Nederland heeft er in het afgelopen jaar een paar duizend horecabedrijven bijgekregen. Dat meldt Nu.nl op basis van gegevens van de Kamer van Koophandel. De cijfers geven echter een vertekend beeld, zegt vakvereniging ProFri.
Volgens cijfers die Nu.nl heeft opgevraagd bij de Kamer van Koophandel, zouden er vorig jaar ruim 4300 horecabedrijven zijn bijgekomen in Nederland. 250 bedrijven stopten ermee, waardoor het aantal horecabedrijven per saldo met 4125 groeide. Alleen het aantal cafés, kantines en contractcateraars nam af, zo schrijft de nieuwssite.
Overnames van bestaande bedrijven
Echter, het artikel van Nu.nl geeft een vertekend beeld van de werkelijkheid. Dat zegt Frans van Rooij, directeur van de Vereniging Professionele Frituurders (ProFri). “Het lijkt alsof het goed gaat in de horeca, maar dat is niet het geval. Het kan niet dat het aantal horecabedrijven vorig jaar met 10 procent is gegroeid. Voor het merendeel zal het gaan om overnames van bestaande bedrijven, dan wel de exploitatie ervan.”
Nieuwe ondernemers
Van Rooij geeft een voorbeeld: “Ondernemers die hun zaak verkopen, schrijven zich niet meteen uit bij de KvK. Alleen al om belastingtechnische redenen wordt dit meestal niet meteen gedaan. De nieuwe eigenaar van de horeca-locatie schrijft zijn onderneming bij de Kamer van Koophandel in. Maar er zijn nog meer redenen, waarom ondernemingen niet worden uitgeschreven.”

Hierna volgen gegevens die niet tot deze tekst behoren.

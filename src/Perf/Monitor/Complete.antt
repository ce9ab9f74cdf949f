-- ===== src/Perf/Monitor/Complete.antt =====
-- The operations on the event monitor of pkg/sys/perf/monitor.go keep what is recorded of each
-- registered event.
use capsule.Prelude.{
  ℕ, List, [], ◌∷◌, Bool, true, false, Option, none, some, ◌≡◌, inl, inr, refl, sym, ap, ◌∙◌,
  Bool-cases, if◌then◌else◌,
}
use capsule.Prelude.Maps.{number_key, GoMap, lookup}
use capsule.Prelude.Maps.Laws.{names, lookup-delete_all}
use capsule.Prelude.Maps.Entries.{some_eq, of_delete}
use capsule.Perf.Attr.{EventAttr}
use capsule.Perf.SafeMap.{SafeMap, find}
use capsule.Perf.DecoderMap.{DecoderMap}
use capsule.Perf.Monitor.{
  EventMonitor, RegisteredEvent, ids_of, remove_registered_event, unregister_event,
  unregister_found,
}
use capsule.Perf.Monitor.Invariant.{removed_lem}
use capsule.Perf.Monitor.Register.{Absent}
use capsule.Perf.Monitor.Consistent.{IsConsistent, with_open}
use capsule.Perf.Monitor.Recorded.{both_ways, not_new, of_ids_of}
use capsule.Perf.Monitor.Opening.{Stays}

-- What the monitor holds of a descriptor of the event `i`: its place, its stream identifier, the event
-- and the attributes under that identifier; and it is open.
pub record Recorded {F : Type 0} (m : EventMonitor F) (i fd : ℕ) : Type 0 where
  pub id : ℕ
  pub place : ℕ
  pub attr : EventAttr
  pub stream : lookup fd m.eventids ≡ some id
  pub event : find m.event_id_map id ≡ some i
  pub attributes : find m.event_attr_map id ≡ some attr
  pub at_place : lookup fd m.eventfds ≡ some place
  pub is_open : lookup fd m.open_fds ≡ some tt

-- Each descriptor of each event is recorded.
pub record IsComplete {F : Type 0} (m : EventMonitor F) : Type 0 where
  pub recorded :
      (i : ℕ) (e : RegisteredEvent) (fd : ℕ)
      → lookup i m.events ≡ some e
      → names e.fds fd ≡ true
      → Recorded m i fd

-- The identifiers of the streams of these descriptors are those of no event.
abbrev pub NewStreams : {V : Type 0} → (ℕ → Option ℕ) → List ℕ → SafeMap V → Type 0
NewStreams stream_id [] streams = Unit
NewStreams stream_id (fd ∷ fds) streams =
    (elim (stream_id fd) [ none ↦ Unit | some id ↦ find streams id ≡ none ])
    × NewStreams stream_id fds streams

pub new_stream :
    {V : Type 0} (stream_id : ℕ → Option ℕ) (fds : List ℕ) (streams : SafeMap V) (fd id : ℕ)
    → NewStreams stream_id fds streams
    → names fds fd ≡ true
    → stream_id fd ≡ some id
    → find streams id ≡ none
unfolding names
new_stream stream_id [] streams fd id a n e = cc
new_stream stream_id (g ∷ fds) streams fd id (h, a) n e = elim (Bool-cases (number_key.same g fd)) [
  | inl s ↦
      (let e' : stream_id g ≡ some id = ap stream_id ((number_key.same_iff g fd).0 s) ∙ e in
        rw e' at h)
  | inr s ↦ new_stream stream_id fds streams fd id a (rw s at n) e
]

kept_if :
    {V : Type 0} (b : Bool) (o : Option V) (v : V)
    → b ≡ false
    → o ≡ some v
    → (if b then none else o) ≡ some v
kept_if b o v e h = rw e h

module _ {F : Type 0} where
  -- An event's descriptors are no other event's.
  apart :
      (m : EventMonitor F) (i j fd fd' : ℕ) (e e' : RegisteredEvent) (id : ℕ)
      → IsComplete m
      → lookup i m.events ≡ some e
      → lookup j m.events ≡ some e'
      → names e.fds fd ≡ true
      → names e'.fds fd' ≡ true
      → lookup fd m.eventids ≡ some id
      → lookup fd' m.eventids ≡ some id
      → i ≡ j
  apart m i j fd fd' e e' id c h h' n n' s s' =
      let r = c.recorded i e fd h n in
      let r' = c.recorded j e' fd' h' n' in
      let p : r.id ≡ id = some_eq r.id id (sym r.stream ∙ s) in
      let p' : r'.id ≡ id = some_eq r'.id id (sym r'.stream ∙ s') in
      some_eq i j (sym r.event ∙ ap (find m.event_id_map) (p ∙ sym p') ∙ r'.event)

  pub unregister_event-IsComplete :
      (id : ℕ) (m : EventMonitor F)
      → IsConsistent m
      → IsComplete m
      → IsComplete (unregister_event id m).1
  unfolding unregister_event unregister_found remove_registered_event
  unregister_event-IsComplete id m k c = go (lookup id m.events) refl
    where
      go :
          (o : Option RegisteredEvent)
          → lookup id m.events ≡ o
          → IsComplete (unregister_found o id m).1
      go none h = c
      go (some event) h = record {
        recorded = λ i e fd g n.
            let ids : List ℕ = ids_of event.fds m.eventids in
            let (s, g') = of_delete id i m.events e g in
            let r = c.recorded i e fd g' n in
            let other : (id ≡ i → ⊥) =
              λ z. both_ways (number_key.same id i) ((number_key.same_iff id i).1 z) s in
            let a : names event.fds fd ≡ false = elim (Bool-cases (names event.fds fd)) [
              | inl b ↦
                  absurd (other (apart m id i fd fd event e r.id c h g' b n r.stream r.stream))
              | inr b ↦ b
            ] in
            let b : names ids r.id ≡ false = elim (Bool-cases (names ids r.id)) [
              | inl b ↦
                  let (fd', n', s') = of_ids_of event.fds m.eventids r.id b in
                  absurd (other (apart m id i fd' fd event e r.id c h g' n' n s' r.stream))
              | inr b ↦ b
            ] in
            record {
              id = r.id;
              place = r.place;
              attr = r.attr;
              stream = lookup-delete_all fd event.fds m.eventids ∙ kept_if _ _ _ a r.stream;
              event =
                  (removed_lem m.is_running ids m.event_id_map k.tracked.streams_valid).1 r.id
                  ∙ kept_if _ _ _ b r.event;
              attributes =
                  (removed_lem m.is_running ids m.event_attr_map k.tracked.attrs_valid).1 r.id
                  ∙ kept_if _ _ _ b r.attributes;
              at_place = lookup-delete_all fd event.fds m.eventfds ∙ kept_if _ _ _ a r.at_place;
              is_open = lookup-delete_all fd event.fds m.open_fds ∙ kept_if _ _ _ a r.is_open;
            };
      }

  -- Whether the monitor runs is not recorded.
  pub run_or_stop-IsComplete :
      (running : Bool) (m : EventMonitor F)
      → IsComplete m
      → IsComplete (record m { is_running = running })
  run_or_stop-IsComplete running m c = record {
    recorded = λ i e fd h n.
        let r = c.recorded i e fd h n in
        record {
          id = r.id;
          place = r.place;
          attr = r.attr;
          stream = r.stream;
          event = r.event;
          attributes = r.attributes;
          at_place = r.at_place;
          is_open = r.is_open;
        };
  }

  -- Descriptors that no event has were opened, and perhaps closed.
  pub unopened-IsComplete :
      (m : EventMonitor F) (fds : List ℕ) (now : GoMap ℕ (Unit {0}))
      (decoders : Option (DecoderMap F))
      → Stays fds m.open_fds now
      → Absent fds m.eventids
      → IsComplete m
      → IsComplete (with_open now decoders m)
  unfolding Stays
  unopened-IsComplete m fds now decoders o a c = record {
    recorded = λ i e fd h n.
        let r = c.recorded i e fd h n in
        record {
          id = r.id;
          place = r.place;
          attr = r.attr;
          stream = r.stream;
          event = r.event;
          attributes = r.attributes;
          at_place = r.at_place;
          is_open = o fd (not_new fds m.eventids fd r.id a r.stream) r.is_open;
        };
  }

Ondernemers met eenmanszaken richten BV op
Er zijn ook ondernemers met een eenmanszaak en VOF die het afgelopen jaar een BV hebben opgericht. “Die BV gebruiken de ondernemers om de exploitatie van hun bedrijf in onder te brengen. De activa houden ze in de eenmanszaak en de BV huurt de inventaris en/of het pand van de eenmanszaak. Op die manier lopen de ondernemers minder risico wanneer er bijvoorbeeld weer een lockdown komt. In dat geval zou de BV ter ziele kunnen gaan en behoudt de eenmanszaak de activa. Privé lopen de ondernemers dan minder risico.”
Spanningen door coronacrisis
Volgens Van Rooij proberen ondernemers op allerlei manieren uit de problemen te komen of de schade voor hun privéleven zo klein mogelijk te houden. “Vaak zitten man en vrouw in een VOF. De coronacrisis leidt ook vaak tot spanningen, waardoor de relatie op de klippen loopt. Dan moeten ze een nieuwe manier vinden om de exploitatie voort te zetten.”
Hoge gemiddelde leeftijd
Ook in de frituurbranche spelen dergelijke scenario’s, hoewel er zeker wel nieuwe frituurzaken bij zijn gekomen. “Maar er wisselen vooral bedrijven van eigenaar, een gevolg van de hoge gemiddelde leeftijd van ondernemers in onze sector. Het aantal ondernemers dat vanwege leeftijd wil stoppen, zal de komende jaren nog verder toenemen. De coronacrisis lijkt het verjongingsproces te versnellen.”